Collected data

-- ===== src/Core/Agent/Calls.antt =====
-- The end of one turn of `_step`: the branch of calls.
use simple_ai_agent.Common.{
  ℕ, ◌+◌, ◌≡◌, refl, sym, ap, subst, ◌∙◌, String, true, false, not, ◌&&◌, Option, none, some, List,
  [], ◌∷◌, ◌++◌, append_assoc, arith, length, ok, ◌>>=◌, Ensures, Bool-cases, inl, inr,
}
use simple_ai_agent.Core.Json.{Members}
use simple_ai_agent.Core.Protocol.{Reader, ToolCall, is_empty}
use simple_ai_agent.Core.Agent.{
  NativeToolCall, BatchToolRecord, Role, no_calls_provided, said, asks, Tools, Llm, Agent,
  max_batch_tool_calls,
}
use simple_ai_agent.Core.Agent.Batch.{execute_limited}
use simple_ai_agent.Core.Agent.Batch.Order.{execute_limited-IsBatch, IsBatch-length}
use simple_ai_agent.Core.Agent.Batch.Ran.{execute_limited-Ran}
use simple_ai_agent.Core.Agent.Transcript.{
  IsTranscript, IsAcceptable, Awaiting, Awaiting-append, results_of-Awaiting,
}
use simple_ai_agent.Core.Agent.Change.{Added, Added-none, Turned, Turned-weaken, Turned-bind}
use simple_ai_agent.Core.Agent.Turn.{still, add_message-Turned, said-Turned}
use simple_ai_agent.Core.Agent.Reading.{
  is_nil, zip, Interpreted, add_normal, normalize, results_of, memory_of,
}
use simple_ai_agent.Core.Agent.Loop.{
  add_message, is_chat, remember_request, remember_results, call_tools, execute_calls, use_tools,
}

none_native : (native : List NativeToolCall) → 0 ≡ length native → is_nil native ≡ false → ⊥
unfolding is_nil
none_native [] h k = ground (arith, k)
none_native (c ∷ cs) h k = omega arith

module _ (reader : Reader) (llm : Llm) (tools : Tools) where
  add_normal-length :
      (name : String) (m : Option Members) (rest : Option (List ToolCall)) (calls : List ToolCall)
      (n : ℕ)
      → ((more : List ToolCall) → rest ≡ some more → length more ≡ n)
      → add_normal reader name m rest ≡ some calls
      → length calls ≡ 1 + n
  unfolding add_normal
  add_normal-length name (some m) (some more) calls n each h =
      let count = each more refl in ground (arith, h, count)
  add_normal-length name (some m) none calls n each h = ground (arith, h)
  add_normal-length name none (some more) calls n each h = ground (arith, h)
  add_normal-length name none none calls n each h = ground (arith, h)

  pub normalize-length :
      (native : List NativeToolCall) (calls : List ToolCall)
      → normalize reader native ≡ some calls
      → length calls ≡ length native
  unfolding normalize
  normalize-length [] calls h = ground (arith, h)
  normalize-length (tc ∷ rest) calls h =
      add_normal-length tc.name _ (normalize reader rest) calls (length rest)
        (λ more got. normalize-length rest more got) h
      ∙ omega arith

  -- Native calls are those of the response, one for one.
  unfoldable pub IsPaired : Interpreted → Type 0
  IsPaired i = is_nil i.native ≡ false → length i.parsed.tool_calls ≡ length i.native

  -- What a batch and its answers, in one message each, do after the message that asks.
  answer_calls :
      (i : Interpreted) (calls : List ToolCall) (a : Agent)
      → length calls ≡ length i.native
      → Turned tools 0 10 a (
        ok tt,
        (let asking : Agent = record a { messages = a.messages ++ asks i.reply i.native ∷ [] } in
            let (records, b) = execute_limited tools calls asking in
            record b { messages = b.messages ++ results_of (zip records i.native) }),
      )
  unfolding Turned Ensures IsTranscript Awaiting
  answer_calls i calls a paired =
      let asking : Agent = record a { messages = a.messages ++ asks i.reply i.native ∷ [] } in
      let after = execute_limited-Ran tools calls asking in
      let records = (execute_limited tools calls asking).0 in
      let all =
        IsBatch-length false max_batch_tool_calls 1 (length calls) calls records
          (execute_limited-IsBatch tools calls asking) in
      let given = results_of-Awaiting records i.native (all ∙ paired) in
      record {
        asked = λ start. (
          subst (Added IsAcceptable 0 a.requests) (sym after.requests)
              (Added-none IsAcceptable a.requests),
          subst (λ ms. IsTranscript (ms ++ results_of (zip records i.native))) (sym after.messages)
              (subst IsTranscript
                (sym (
                  append_assoc a.messages (asks i.reply i.native ∷ [])
                    (results_of (zip records i.native))))
                (Awaiting-append [] a.messages _ start given)),
        );
        ran = after.ran;
        few = omega (arith, ap length after.requests);
        kept = omega (arith, ap length after.requests);
      }

  answered-calls :
      (i : Interpreted) (calls : List ToolCall) (a : Agent)
      → length calls ≡ length i.native
      → is_nil i.native ≡ false
      → is_chat reader llm tools ≡ true
      → Turned tools 0 10 a
          ((remember_request reader llm tools i >>= λ _. execute_calls reader llm tools i calls) a)
  unfolding remember_request remember_results call_tools execute_calls add_message
  answered-calls i [] a paired native chat = absurd (none_native i.native paired native)
  answered-calls i (call ∷ rest) a paired native chat =
      rw (remember_request, execute_calls, remember_results, call_tools, native, chat)
        (answer_calls i (call ∷ rest) a paired)

  -- The calls of another response are kept as texts, or are pending.
  remember_request-Turned :
      (i : Interpreted) (a : Agent)
      → (not (is_nil i.native) && is_chat reader llm tools) ≡ false
      → Turned tools 0 0 a (remember_request reader llm tools i a)
  unfolding remember_request Turned Ensures
  remember_request-Turned i a h = elim (Bool-cases (is_nil i.native)) [
    | inl empty ↦ elim (Bool-cases i.parsed.consumed_tool_call_markup) [
      | inl consumed ↦ elim (Bool-cases (is_empty (reader.strip i.parsed.assistant_text))) [
        | inl blank ↦
            rw (remember_request, empty, consumed, blank)
              (still tools a a refl refl (λ start. start))
        | inr shown ↦
            rw (remember_request, empty, consumed, shown) (said-Turned tools Role.assistant _ a)
      ]
      | inr kept ↦ rw (remember_request, empty, kept) (said-Turned tools Role.assistant _ a)
    ]
    | inr native ↦
        let other : is_chat reader llm tools ≡ false = ground (arith, h, native) in
        elim (Bool-cases llm.supports_native_tool_outputs) [
          | inl outputs ↦
              rw (remember_request, native, other, outputs)
                (still tools a a refl refl (λ start. start))
          | inr none_of ↦
              rw (remember_request, native, other, none_of) (said-Turned tools Role.assistant _ a)
        ]
  ]

  memory_of-said : (records : List BatchToolRecord) → IsTranscript (memory_of records ∷ [])
  unfolding memory_of IsTranscript Awaiting
  memory_of-said [] = tt
  memory_of-said (r ∷ []) = tt
  memory_of-said (r ∷ s ∷ rs) = tt

  remember_results-Turned :
      (i : Interpreted) (records : List BatchToolRecord) (a : Agent)
      → (not (is_nil i.native) && is_chat reader llm tools) ≡ false
      → Turned tools 0 0 a (remember_results reader llm tools i records a)
  unfolding remember_results Turned Ensures
  remember_results-Turned i records a h =
      elim (Bool-cases (not (is_nil i.native) && llm.supports_native_tool_outputs)) [
        | inl pending ↦
            rw (remember_results, h, pending) (still tools a _ refl refl (λ start. start))
        | inr memory ↦
            rw (remember_results, h, memory)
              (add_message-Turned tools (memory_of records) a (memory_of-said records))
      ]

  call_tools-Turned :
      (calls : List ToolCall) (a : Agent)
      → Turned tools 0 10 a (call_tools reader llm tools calls a)
  unfolding call_tools Turned Ensures
  call_tools-Turned calls a =
      let after = execute_limited-Ran tools calls a in
      record {
        asked = λ start. (
          subst (Added IsAcceptable 0 a.requests) (sym after.requests)
              (Added-none IsAcceptable a.requests),
          subst IsTranscript (sym after.messages) start,
        );
        ran = after.ran;
        few = omega (arith, ap length after.requests);
        kept = omega (arith, ap length after.requests);
      }

  kept-calls :
      (i : Interpreted) (calls : List ToolCall) (a : Agent)
      → (not (is_nil i.native) && is_chat reader llm tools) ≡ false
      → Turned tools 0 10 a
          ((remember_request reader llm tools i >>= λ _. execute_calls reader llm tools i calls) a)
  unfolding execute_calls add_message
  kept-calls i [] a h = Turned-weaken tools 0 0 0 10 a _ (omega arith) (omega arith) (
      Turned-bind tools 0 0 0 0 a (remember_request reader llm tools i)
        (λ _. add_message (said Role.user no_calls_provided)) (remember_request-Turned i a h)
        (λ v b c. said-Turned tools Role.user no_calls_provided b))
  kept-calls i (call ∷ rest) a h =
      Turned-bind tools 0 0 0 10 a (remember_request reader llm tools i)
        (λ _. call_tools reader llm tools (call ∷ rest) >>= remember_results reader llm tools i)
        (remember_request-Turned i a h)
        (λ v b c.
          Turned-bind tools 0 0 10 0 b (call_tools reader llm tools (call ∷ rest))
            (remember_results reader llm tools i) (call_tools-Turned (call ∷ rest) b)
            (λ records d e. remember_results-Turned i records d h))

  pub use_tools-Turned :
      (i : Interpreted) (a : Agent)
      → IsPaired i
      → Turned tools 0 10 a (use_tools reader llm tools i a)
  unfolding use_tools IsPaired
  use_tools-Turned i a paired = elim (Bool-cases (is_nil i.native)) [
    | inl empty ↦ kept-calls i i.parsed.tool_calls a (ground (arith, empty))
    | inr native ↦ elim (Bool-cases (is_chat reader llm tools)) [
      | inl chat ↦ answered-calls i i.parsed.tool_calls a (paired native) native chat
      | inr other ↦ kept-calls i i.parsed.tool_calls a (ground (arith, other, native))
    ]
  ]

Work to be completed -> Nothing but the lines from the one holding "native) native chat" to the end of the entries should be output, each exactly as it appears.

Exercise solution ->
      | inl chat ↦ answered-calls i i.parsed.tool_calls a (paired native) native chat
      | inr other ↦ kept-calls i i.parsed.tool_calls a (ground (arith, other, native))
    ]
  ]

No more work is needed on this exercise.